The relationship between cryptocurrencies and traditional financial markets is a focus of attention for investors and researchers. As the largest cryptocurrency, whether Bitcoin's correlation with stocks, precious metals, and the US dollar is stable is crucial for asset allocation and risk management. Traditional DCC-GARCH models are limited by rigid assumptions; this study attempts to use machine learning combined with a walk-forward framework to explore predictable cross-market dependency structures.

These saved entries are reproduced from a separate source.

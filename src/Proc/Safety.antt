-- ===== src/Proc/Safety.antt =====
-- What holds of every process table that boot leads to, whatever the interleaving.
use test_ascii.Common.{ℕ, ◌≡◌, ◌≢◌, ◌≤◌, some, none, true, arith}
use test_ascii.Proc.Types.{Table, sleeping, running, zombie, slot, max_priority}
use test_ascii.Proc.Inv.{is_live}
use test_ascii.Proc.Inv.Reachable.{Reach-Inv}
use test_ascii.Proc.Step.{Reach}

module _ {t : Table} (r : Reach t) where
  -- No wakeup is lost: no process sleeps in `wait`, on its own slot, while a child of it is a
  -- zombie.
  pub no_lost_wakeup :
      (i j : ℕ)
      → (t.procs i).parent ≡ some j
      → (t.procs j).state ≡ sleeping
      → (t.procs j).chan ≡ slot j
      → (t.procs i).state ≢ zombie
  no_lost_wakeup i j p s w z = absurd (ground (arith, (Reach-Inv r).pairs i j))

  -- No process is an orphan: a parent pointer names a process that is sleeping, runnable or
  -- running, never a free slot, one being made or a zombie.
  pub parent_is_live : (i j : ℕ) → (t.procs i).parent ≡ some j → is_live (t.procs j).state ≡ true
  parent_is_live i j p = ground (arith, (Reach-Inv r).pairs i j)

  -- A process that a processor has is in state RUNNING, and no other processor has it.
  pub one_processor :
      (k l c : ℕ)
      → t.running_on k ≡ some c
      → t.running_on l ≡ some c
      → ((t.procs c).state ≡ running) × (k ≡ l)
  one_processor k l c e f =
      (((Reach-Inv r).cpus k k).runs c e, ((Reach-Inv r).cpus k l).one_cpu c e f)

  -- Every priority is between 0 and 31; the first process never leaves the table, but is
  -- sleeping, runnable or running and has no parent, once it is made.
  pub init_and_priorities :
      (i j : ℕ)
      → t.initproc ≡ some i
      → ((t.procs j).priority ≤ max_priority)
        × (is_live (t.procs i).state ≡ true)
        × ((t.procs i).parent ≡ none)
  init_and_priorities i j e = (
    ((Reach-Inv r).slots j).priority_range,
    ground (arith, (Reach-Inv r).slots i),
    ground (arith, (Reach-Inv r).slots i),
  )
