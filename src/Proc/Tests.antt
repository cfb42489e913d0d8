-- ===== src/Proc/Tests.antt =====
-- Concrete process tables of proc.c: boot, init running, its first child, and the calls on them.
use test_ascii.Common.{
  ℕ, ◌+◌, ◌≡◌, ◌≢◌, ◌≤◌, ◌⊎◌, ◌<◌, true, refl, some, arith, done, minus_one, u32, if◌then◌else◌,
}
use test_ascii.Common.Arrays.{update, find_from}
use test_ascii.Proc.Types.{Table, boot, running, runnable, zombie, unused, slot, is_sleeping, nproc}
use test_ascii.Proc.Sched.{
  schedule, yield, account, account_all, beats, pick, pick_from, run_chosen, switch_to, switch_back,
}
use test_ascii.Proc.Signals.{kill, setpriority, clock_tick, sleep}
use test_ascii.Proc.Life.{
  Services, claim, find_unused, set_kstack, set_copy, set_runnable, wait_pass, scan_children,
  wait_result, asleep, copy_proc, exit_locked, retire,
}
use test_ascii.Proc.Calls.{
  fork, fork_alloc, fork_copied, allocproc, alloc_found, alloc_stack, dup_files, close_files, exit,
  wait, wait_release,
}
use test_ascii.Proc.Step.{
  Reach, booted, later, claimed, stack_set, init_made, scheduled, copied, forked, wait_slept,
  set_init, Acts,
}
use test_ascii.Proc.Inv.{is_live}
use test_ascii.Proc.Safety.{no_lost_wakeup, parent_is_live, one_processor}
use test_ascii.Proc.Pick.{Chosen, schedule-Chosen}
use test_ascii.Proc.Effects.{
  IsFirst, kill_effect, setpriority_effect, tick_charged_twice, kill_zero,
}
use test_ascii.Proc.Lifecycle.{NotForked, Forked, fork_effect}
use test_ascii.Proc.Adoption.{Exited, exit_effect}
use test_ascii.Proc.Pids.{Run, at_boot, gave_pid, went_on, pids_unique}
use test_ascii.Proc.Waiting.{WaitSpec, wait_effect}

-- `userinit` on the table of boot.
abbrev with_init : Table
with_init = set_init 0 7 1 (set_kstack 0 5 (claim 0 boot))

-- Init runs on processor 0.
abbrev init_runs : Table
init_runs = schedule 0 with_init

Reach-with_init : Reach with_init
unfolding set_init set_kstack claim find_unused find_from
Reach-with_init =
    later (later (claimed booted 0 refl (omega arith)) (stack_set _ 0 5 refl))
      (init_made _ 0 7 1 refl refl refl)

Reach-init_runs : Reach init_runs
unfolding set_init set_kstack claim
Reach-init_runs = later Reach-with_init (scheduled _ 0 refl)

-- Init has forked a child, in slot 1.
abbrev with_child : Table
with_child = set_runnable 1 (set_copy 0 1 (some 9) (set_kstack 1 6 (claim 1 init_runs)))

init-Acts : Acts init_runs 0 0
unfolding set_init set_kstack claim schedule account account_all pick pick_from beats run_chosen
    switch_to
init-Acts = record { on_cpu = refl; is_running = refl }

child_set_up : Reach (set_kstack 1 6 (claim 1 init_runs))
unfolding set_init set_kstack claim schedule account account_all pick pick_from beats run_chosen
    switch_to find_unused find_from
child_set_up = later (claimed Reach-init_runs 1 refl (omega arith)) (stack_set _ 1 6 refl)

Reach-with_child : Reach with_child
unfolding set_init set_kstack claim schedule account account_all pick pick_from beats run_chosen
    switch_to set_copy copy_proc
Reach-with_child =
    later
      (later child_set_up
        (copied _ 0 0 1 (some 9) (record { on_cpu = refl; is_running = refl }) refl))
      (forked _ 1 refl)

-- Then it has gone to sleep in `wait`.
abbrev init_waits : Table
init_waits = sleep 0 0 (slot 0) with_child

child-Acts : Acts with_child 0 0
unfolding set_init set_kstack claim schedule account account_all pick pick_from beats run_chosen
    switch_to set_copy copy_proc set_runnable
child-Acts = record { on_cpu = refl; is_running = refl }

waits : wait_pass 0 0 with_child ≡ asleep init_waits
unfolding set_init set_kstack claim schedule account account_all pick pick_from beats run_chosen
    switch_to set_copy copy_proc set_runnable wait_pass wait_result scan_children
waits = refl

Reach-init_waits : Reach init_waits
Reach-init_waits = later Reach-with_child (wait_slept _ _ 0 0 child-Acts waits)

no_lost_wakeup_example : (init_waits.procs 1).state ≢ zombie
unfolding set_init set_kstack claim schedule account account_all pick pick_from beats run_chosen
    switch_to set_copy copy_proc set_runnable sleep switch_back
no_lost_wakeup_example = no_lost_wakeup Reach-init_waits 1 0 refl refl refl

parent_is_live_example : is_live (init_waits.procs 0).state ≡ true
unfolding set_init set_kstack claim schedule account account_all pick pick_from beats run_chosen
    switch_to set_copy copy_proc set_runnable sleep switch_back
parent_is_live_example = parent_is_live Reach-init_waits 1 0 refl

-- The same first steps, with the pids counted.
Run-with_init : Run 1 with_init
unfolding set_init set_kstack claim find_unused find_from
Run-with_init =
    went_on (went_on (gave_pid 0 at_boot refl) (stack_set _ 0 5 refl))
      (init_made _ 0 7 1 refl refl refl)

-- Init has pid 1 in slot 0; slots 3 and 4 are two free ones, which share the pid 0.
pids_unique_example :
    (◌≡◌ {A = ℕ} 3 4)
    ⊎ (((with_init.procs 3).pid ≡ 0)
        × ((with_init.procs 3).state ≡ unused)
        × ((with_init.procs 4).state ≡ unused))
unfolding set_init set_kstack claim
pids_unique_example = pids_unique Run-with_init (omega arith) 3 4 refl

one_processor_example : ((with_child.procs 0).state ≡ running) × (◌≡◌ {A = ℕ} 0 0)
unfolding set_init set_kstack claim schedule account account_all pick pick_from beats run_chosen
    switch_to set_copy copy_proc set_runnable
one_processor_example = one_processor Reach-with_child 0 0 0 refl refl

schedule-Chosen_example : Chosen with_init.procs nproc ((schedule 0 with_init).running_on 0)
unfolding set_init set_kstack claim
schedule-Chosen_example = schedule-Chosen with_init 0 refl

setpriority_effect_example :
    (31 < 40 × (setpriority 1 40 with_child ≡ (minus_one, with_child)))
    ⊎ (((j : ℕ) → j < nproc → (with_child.procs j).pid ≢ 1)
        × (setpriority 1 40 with_child ≡ (minus_one, with_child)))
    ⊎ ((40 ≤ 31)
        × ((i : ℕ) × IsFirst with_child 1 i
            × (setpriority 1 40 with_child ≡ (
              0,
              record with_child {
                procs = update with_child.procs i (record (with_child.procs i) { priority = 40 });
              },
            ))))
setpriority_effect_example = setpriority_effect with_child 1 40 (omega arith)

kill_effect_example :
    (((j : ℕ) → j < nproc → (init_waits.procs j).pid ≢ 1)
      × (kill 1 init_waits ≡ (minus_one, init_waits)))
    ⊎ ((i : ℕ) × IsFirst init_waits 1 i
        × (kill 1 init_waits ≡ (
          0,
          record init_waits {
            procs = update init_waits.procs i (record (init_waits.procs i) {
              killed = 1;
              state =
                  if is_sleeping (init_waits.procs i).state
                  then runnable
                  else (init_waits.procs i).state;
            });
          },
        )))
kill_effect_example = kill_effect init_waits 1

-- Init runs at tick 5, charged up to then.
abbrev at_five : Table
at_five = record init_runs {
  ticks = 5;
  procs = update init_runs.procs 0 (record (init_runs.procs 0) { last_scheduled = 5 });
}

tick_charged_twice_example :
    ((yield 0 0 (clock_tick at_five)).ticks ≡ 6)
    × (((yield 0 0 (clock_tick at_five)).procs 0).run_time ≡ u32 ((at_five.procs 0).run_time + 2))
unfolding set_init set_kstack claim schedule account account_all pick pick_from beats run_chosen
    switch_to
tick_charged_twice_example =
    tick_charged_twice at_five 0 refl refl refl (λ e. absurd (omega arith)) (omega arith)

kill_zero_example :
    ((kill 0 init_runs).0 ≡ 0)
    × (find_unused (kill 0 init_runs).1 ≡ some 1)
    × (((claim 1 (kill 0 init_runs).1).procs 1).killed ≡ 1)
unfolding set_init set_kstack claim schedule account account_all pick pick_from beats run_chosen
    switch_to find_unused find_from
kill_zero_example = kill_zero 1 Reach-init_runs refl refl

-- Other parts that hand out page numbers in turn and never panic.
abbrev services : Services
services = record {
  Sys = ℕ;
  kalloc = λ s. (some s, s + 1);
  kfree = λ page s. done s;
  copyuvm = λ pgdir sz s. done (some s, s + 1);
  freevm = λ pgdir s. done s;
  filedup = λ f s. done s;
  fileclose = λ f s. done s;
  idup = λ ip s. done s;
  put_cwd = λ ip s. done s;
}

abbrev child_runs : Table
child_runs = schedule 0 init_waits

fork_effect_example :
    ((2 ≡ minus_one)
      × NotForked init_runs
          (set_runnable 1 (set_copy 0 1 (some 7) (set_kstack 1 6 (claim 1 init_runs)))))
    ⊎ ((n : ℕ) × Forked init_runs
          (set_runnable 1 (set_copy 0 1 (some 7) (set_kstack 1 6 (claim 1 init_runs))))
          0
          n
          2)
unfolding set_init set_kstack claim schedule account account_all pick pick_from beats run_chosen
    switch_to set_copy copy_proc set_runnable fork fork_alloc fork_copied allocproc alloc_found
    alloc_stack find_unused find_from dup_files
fork_effect_example = fork_effect services 0 init_runs 6 refl refl

exit_effect_example :
    (child_runs.initproc ≢ some 1) × Exited child_runs (exit_locked 0 1 (retire 1 child_runs)) 0 1
unfolding set_init set_kstack claim schedule account account_all pick pick_from beats run_chosen
    switch_to set_copy copy_proc set_runnable sleep switch_back exit close_files
exit_effect_example = exit_effect services 0 1 child_runs 20 {s' = 20} refl

wait_effect_example : WaitSpec with_child 0 0 (asleep init_waits)
unfolding wait wait_release
wait_effect_example = wait_effect services 0 0 with_child 6 (asleep init_waits) 6 (rw waits refl)
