-- ===== src/Spinlock.antt =====
-- spinlock.c: `pushcli` and `popcli`, which turn the interrupts of a processor off and on.
pub mod Nesting
mod Tests
use test_ascii.Common.{
  ℕ, ◌+◌, Bool, true, false, ◌&&◌, ◌==◌, if◌then◌else◌, u32, sub32, slt, Outcome, done, panic,
}

-- `ncli` and `intena` of `struct cpu`, and the interrupt flag of its `eflags`.
pub record Cpu : Type 0 where
  pub ncli : ℕ
  pub intena : Bool
  pub enabled : Bool

unfoldable pub pushcli : Cpu → Cpu
pushcli c = record {
  ncli = u32 (c.ncli + 1);
  intena = if c.ncli == 0 then c.enabled else c.intena;
  enabled = false;
}

unfoldable pub popcli : Cpu → Outcome Cpu
popcli c =
    let n = sub32 c.ncli 1 in
    if c.enabled
    then panic
    else if slt n 0
    then panic
    else done (record c { ncli = n; enabled = n == 0 && c.intena })
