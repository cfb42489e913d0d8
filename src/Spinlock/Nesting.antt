-- ===== src/Spinlock/Nesting.antt =====
-- spinlock.c: nested calls of `pushcli` and `popcli`.
use test_ascii.Common.{
  ℕ, zero, suc, ◌+◌, ◌^◌, ◌≡◌, ◌<◌, refl, sym, ap, ◌∙◌, arith, false, ◌==◌, u32, sub32, slt,
  Outcome, done, ◌>>=◌,
}
use test_ascii.Spinlock.{Cpu, pushcli, popcli}

-- `k` calls of each.
unfoldable pub pushes : ℕ → Cpu → Cpu
pushes zero c = c
pushes (suc k) c = pushcli (pushes k c)

unfoldable pub pops : ℕ → Cpu → Outcome Cpu
pops zero c = done c
pops (suc k) c = popcli c >>= λ c'. pops k c'

pushes-ncli : (k : ℕ) (c : Cpu) → c.ncli + k < 2 ^ 31 → (pushes k c).ncli ≡ c.ncli + k
unfolding pushes pushcli
pushes-ncli zero c h = omega arith
pushes-ncli (suc k) c h = omega (arith, pushes-ncli k c (omega arith))

-- A pair of calls, where interrupts were off already, and where they were not counted off.
inner_pair :
    (d : Cpu) → 0 < d.ncli → d.ncli < 2 ^ 31 → d.enabled ≡ false → popcli (pushcli d) ≡ done d
unfolding pushcli popcli
inner_pair d pos small off =
    let not_zero : (d.ncli == 0) ≡ false = ground arith in
    let kept : sub32 (u32 (d.ncli + 1)) 1 ≡ d.ncli = omega arith in
    let positive : slt d.ncli 0 ≡ false = ground arith in
    rw (kept, positive, not_zero) (ap (λ b. done (record d { enabled = b })) (sym off))

outer_pair : (d : Cpu) → d.ncli ≡ 0 → popcli (pushcli d) ≡ done (record d { intena = d.enabled })
unfolding pushcli popcli
outer_pair d e = rw (e) refl

pushes-disabled : (k : ℕ) (c : Cpu) → (pushes (suc k) c).enabled ≡ false
unfolding pushes pushcli
pushes-disabled k c = refl

-- From a processor that counts no `pushcli`, after any number of nested calls, at least one, the
-- interrupts are off; and as many calls of `popcli` do not panic and leave the interrupts as they
-- were at first.
pub nested :
    (k : ℕ) (c : Cpu)
    → c.ncli ≡ 0
    → suc k < 2 ^ 31
    → ((pushes (suc k) c).enabled ≡ false)
      × (pops (suc k) (pushes (suc k) c) ≡ done (record c { intena = c.enabled }))
unfolding pushes pops
nested zero c e h = (pushes-disabled zero c, ap (λ m. m >>= λ c'. done c') (outer_pair c e))
nested (suc k) c e h = (
  pushes-disabled (suc k) c,
  ap (λ m. m >>= λ c'. pops (suc k) c')
        (inner_pair (pushes (suc k) c) (omega (arith, pushes-ncli (suc k) c (omega arith)))
          (omega (arith, pushes-ncli (suc k) c (omega arith))) (pushes-disabled k c))
      ∙ (nested k c e (omega arith)).1,
)
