-- ===== src/Spinlock/Tests.antt =====
-- A concrete processor for spinlock.c.
use test_ascii.Common.{true, false}
use test_ascii.Spinlock.{Cpu}

abbrev running : Cpu
running = record { ncli = 0; intena = false; enabled = true }
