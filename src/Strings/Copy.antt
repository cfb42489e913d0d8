-- ===== src/Strings/Copy.antt =====
-- string.c: `safestrcpy`.
use test_ascii.Common.{
  ℕ, zero, suc, ◌+◌, ◌≡◌, ◌≢◌, ◌≤◌, ◌<◌, ◌⊎◌, inl, inr, refl, sym, ap, ◌∙◌, arith, ◌==◌, Bool-cases,
}
use test_ascii.Common.Arrays.{update}
use test_ascii.Strings.{Memory, safestrcpy}

-- From `s` on there is a string of `k` characters, those at `t`, and nothing outside the `n` bytes
-- from `s` on has changed.
pub record Copied (s t n k : ℕ) (before after : Memory) : Type 0 where
  pub inside : k < n
  pub ends : after (s + k) ≡ 0
  pub same : (i : ℕ) → i < k → after (s + i) ≡ before (t + i)
  pub no_nul : (i : ℕ) → i < k → before (t + i) ≢ 0
  pub stops : (before (t + k) ≡ 0) ⊎ (k + 1 ≡ n)
  pub outside : (a : ℕ) → (a < s) ⊎ (s + n ≤ a) → after a ≡ before a

-- A string with one more character before it.
extend :
    (s t n k : ℕ) (mem after : Memory)
    → mem t ≢ 0
    → (s + suc (suc n) ≤ t) ⊎ (t + suc (suc n) ≤ s)
    → Copied (s + 1) (t + 1) (suc n) k (update mem s (mem t)) after
    → Copied s t (suc (suc n)) (k + 1) mem after
extend s t n k mem after nz apart c = record {
  inside = omega (arith, c.inside);
  ends = ap after (omega arith) ∙ c.ends;
  same = same;
  no_nul = no_nul;
  stops = stops c.stops;
  outside = λ a h. c.outside a (ground arith) ∙ ground arith;
}
  where
    kept : (i : ℕ) → i < suc n → update mem s (mem t) (t + 1 + i) ≡ mem (t + suc i)
    kept i h = let shift : t + 1 + i ≡ t + suc i = omega arith in rw (shift) (ground arith)

    first : update mem s (mem t) s ≡ mem (t + 0)
    first = let start : t + 0 ≡ t = omega arith in rw (start) (ground arith)

    same : (i : ℕ) → i < k + 1 → after (s + i) ≡ mem (t + i)
    same zero h = ap after (omega arith) ∙ c.outside s (inl (omega arith)) ∙ first
    same (suc i) h =
        ap after (omega arith) ∙ c.same i (omega arith) ∙ kept i (omega (arith, c.inside))

    no_nul : (i : ℕ) → i < k + 1 → mem (t + i) ≢ 0
    no_nul zero h e = nz (ap mem (omega arith) ∙ e)
    no_nul (suc i) h e = c.no_nul i (omega arith) (kept i (omega (arith, c.inside)) ∙ e)

    stops :
        (update mem s (mem t) (t + 1 + k) ≡ 0) ⊎ (k + 1 ≡ suc n)
        → (mem (t + (k + 1)) ≡ 0) ⊎ (k + 1 + 1 ≡ suc (suc n))
    stops (inl e) = inl (ap mem (omega arith) ∙ sym (kept k c.inside) ∙ e)
    stops (inr e) = inr (omega arith)

first_nul : (t : ℕ) (mem : Memory) → mem t ≡ 0 → mem (t + 0) ≡ 0
first_nul t mem e = let start : t + 0 ≡ t = omega arith in rw (start) e

-- `safestrcpy` into `n` bytes, one at least, that the source's `n` bytes do not overlap: the
-- result is a string of fewer than `n` characters, the characters of the source up to its NUL or
-- as many as fit, and no byte outside the `n` bytes has changed.
pub safestrcpy_lem :
    (s t n : ℕ) (mem : Memory)
    → 0 < n
    → (s + n ≤ t) ⊎ (t + n ≤ s)
    → (k : ℕ) × Copied s t n k mem (safestrcpy s t n mem)
unfolding safestrcpy
safestrcpy_lem s t zero mem pos apart = absurd (omega arith)
safestrcpy_lem s t (suc zero) mem pos apart = (
  0,
  record {
    inside = omega arith;
    ends = ground arith;
    same = λ i h. absurd (omega arith);
    no_nul = λ i h. absurd (omega arith);
    stops = inr refl;
    outside = λ a h. ground arith;
  },
)
safestrcpy_lem s t (suc (suc n)) mem pos apart = elim (Bool-cases (mem t == 0)) [
  | inl nul ↦ (
    0,
    rw (nul) record {
      inside = omega arith;
      ends = ground arith;
      same = λ i h. absurd (omega arith);
      no_nul = λ i h. absurd (omega arith);
      stops = inl (first_nul t mem (ground arith));
      outside = λ a h. ground arith;
    },
  )
  | inr more ↦
      let copied = update mem s (mem t) in
      let (k, c) = safestrcpy_lem (s + 1) (t + 1) (suc n) copied (omega arith) (ground arith) in
      (k + 1, rw (more) (extend s t n k mem _ (ground arith) apart c))
]
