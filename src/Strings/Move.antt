-- ===== src/Strings/Move.antt =====
-- string.c: `memmove`, beside a copy that reads all before it writes.
use test_ascii.Common.{
  ℕ, zero, suc, ◌+◌, ◌-◌, ◌≡◌, ◌≤◌, ◌⊎◌, inl, inr, ap₂, ◌∙◌, arith, ◌&&◌, ltb, leb, if◌then◌else◌,
  Bool-cases,
}
use native.Mathlib.Decide.{ℕ_discrete, dec_lt}
use test_ascii.Common.Arrays.{update}
use test_ascii.Strings.{Memory, move_up, move_down, memmove}

-- The copy of `n` bytes from `src` to `dst`, all read before any is written.
abbrev pub snapshot : ℕ → ℕ → ℕ → Memory → ℕ → ℕ
snapshot dst src n mem a = if leb dst a && ltb a (dst + n) then mem (src + (a - dst)) else mem a

move_up-snapshot :
    (d s n : ℕ) (mem : Memory)
    → (d ≤ s) ⊎ (s + n ≤ d)
    → (a : ℕ) → move_up d s n mem a ≡ snapshot d s n mem a
unfolding move_up
move_up-snapshot d s zero mem apart a = ground arith
move_up-snapshot d s (suc n) mem apart a =
    move_up-snapshot (d + 1) (s + 1) n (update mem d (mem s)) (ground arith) a ∙ elim (dec_lt d a) [
      | yes h ↦
          let shift : s + 1 + (a - (d + 1)) ≡ s + (a - d) = omega arith in rw (shift) (ground arith)
      | no h ↦ elim (ℕ_discrete d a) [
        | yes e ↦ let start : s + (a - d) ≡ s = omega arith in rw (start) (ground arith)
        | no ne ↦ ground arith
      ]
    ]

move_down-snapshot :
    (d s n : ℕ) (mem : Memory)
    → s ≤ d
    → (a : ℕ) → move_down (d + n) (s + n) n mem a ≡ snapshot d s n mem a
unfolding move_down
move_down-snapshot d s zero mem below a = ground arith
move_down-snapshot d s (suc n) mem below a =
    ap₂ (λ i j. move_down i j n (update mem i (mem j)) a) last_d last_s
    ∙ move_down-snapshot d s n (update mem (d + n) (mem (s + n))) below a
    ∙ elim (ℕ_discrete (d + n) a) [
      | yes e ↦ let at_end : s + (a - d) ≡ s + n = omega arith in rw (at_end) (ground arith)
      | no ne ↦ ground arith
    ]
  where
    last_d : d + suc n - 1 ≡ d + n
    last_d = omega arith

    last_s : s + suc n - 1 ≡ s + n
    last_s = omega arith

-- Whether or not the two places overlap, `memmove` leaves each byte of the destination with what
-- the matching byte of the source was before, and all other bytes as they were.
pub memmove_lem :
    (dst src n : ℕ) (mem : Memory) (a : ℕ) → memmove dst src n mem a ≡ snapshot dst src n mem a
unfolding memmove
memmove_lem dst src n mem a = elim (Bool-cases (ltb src dst && ltb dst (src + n))) [
  | inl over ↦ rw (over) (move_down-snapshot dst src n mem (ground arith) a)
  | inr apart ↦ rw (apart) (move_up-snapshot dst src n mem (ground arith) a)
]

## Data Sources and Asset Selection

The study uses daily data from 2017 to 2026, covering 7 types of assets: cryptocurrencies (BTC-USD, ETH-USD) and traditional assets (S&P 500 ^GSPC, Nasdaq ^IXIC, Gold ETF GLD, Silver ETF SLV, US Dollar Index ETF UUP). All data are from Yahoo Finance, and rolling window Pearson correlation coefficients are calculated as the prediction target.

## Methodology Design

The target variable is rolling window correlation (14/30/60/90-day windows, Fisher-z transformation to stabilize variance); feature engineering extracts momentum, volatility, and return features; the model lineup includes benchmarks (Naive_Last, AR(1), HAR), machine learning models (ElasticNet, Ridge, Adaptive Ensemble, Random Forest, GBM, XGBoost), and econometric benchmarks (DCC-GARCH(1,1)); evaluation uses walk-forward expanding windows (minimum training set of 800 observations, refitting every 20 days) and Diebold-Mariano test (Newey-West correction).

## Key Findings

1. Cross-market dependencies are predictable; Ridge, AR(1), and HAR have the best performance (RMSE: 0.0656-0.0659, R²: ~0.942-0.943), with serial persistence as the dominant factor; 2. All machine learning models significantly outperform DCC-GARCH (RMSE:0.2136);3. An investor signal layer is built to detect "stress days" of traditional assets, demonstrating practical application value.

## Practical Implications and Insights

For investors:1. Helps with diversified asset allocation;2. Provides time windows for risk hedging;3. Dynamically adjusts positions to deal with "stress days". For researchers:1. Simple linear models combined with feature engineering can achieve excellent performance;2. Walk-forward evaluation ensures reliable results;3. Combining econometrics and machine learning provides a comprehensive performance picture.

## Limitations and Future Directions

Limitations: Only focuses on linear correlation; the sample includes abnormal fluctuations from 2020-2021; does not include more alternative assets. Future directions: Explore nonlinear dependencies such as Copula; test LSTM/Transformer time-series models; use high-frequency data; expand causal inference.

## Highlights of Technical Implementation

1. Reproducibility: Complete process code (main.py, run_all.py), parameter configuration (config.yaml), 7 Jupyter notebooks;2. Modular architecture: pipeline.py (core process), dcc.py (DCC benchmark), signal_layer.py (signal layer), etc.;3. Parallel computing: ThreadPoolExecutor for parallel experiments, supporting XGBoost GPU acceleration.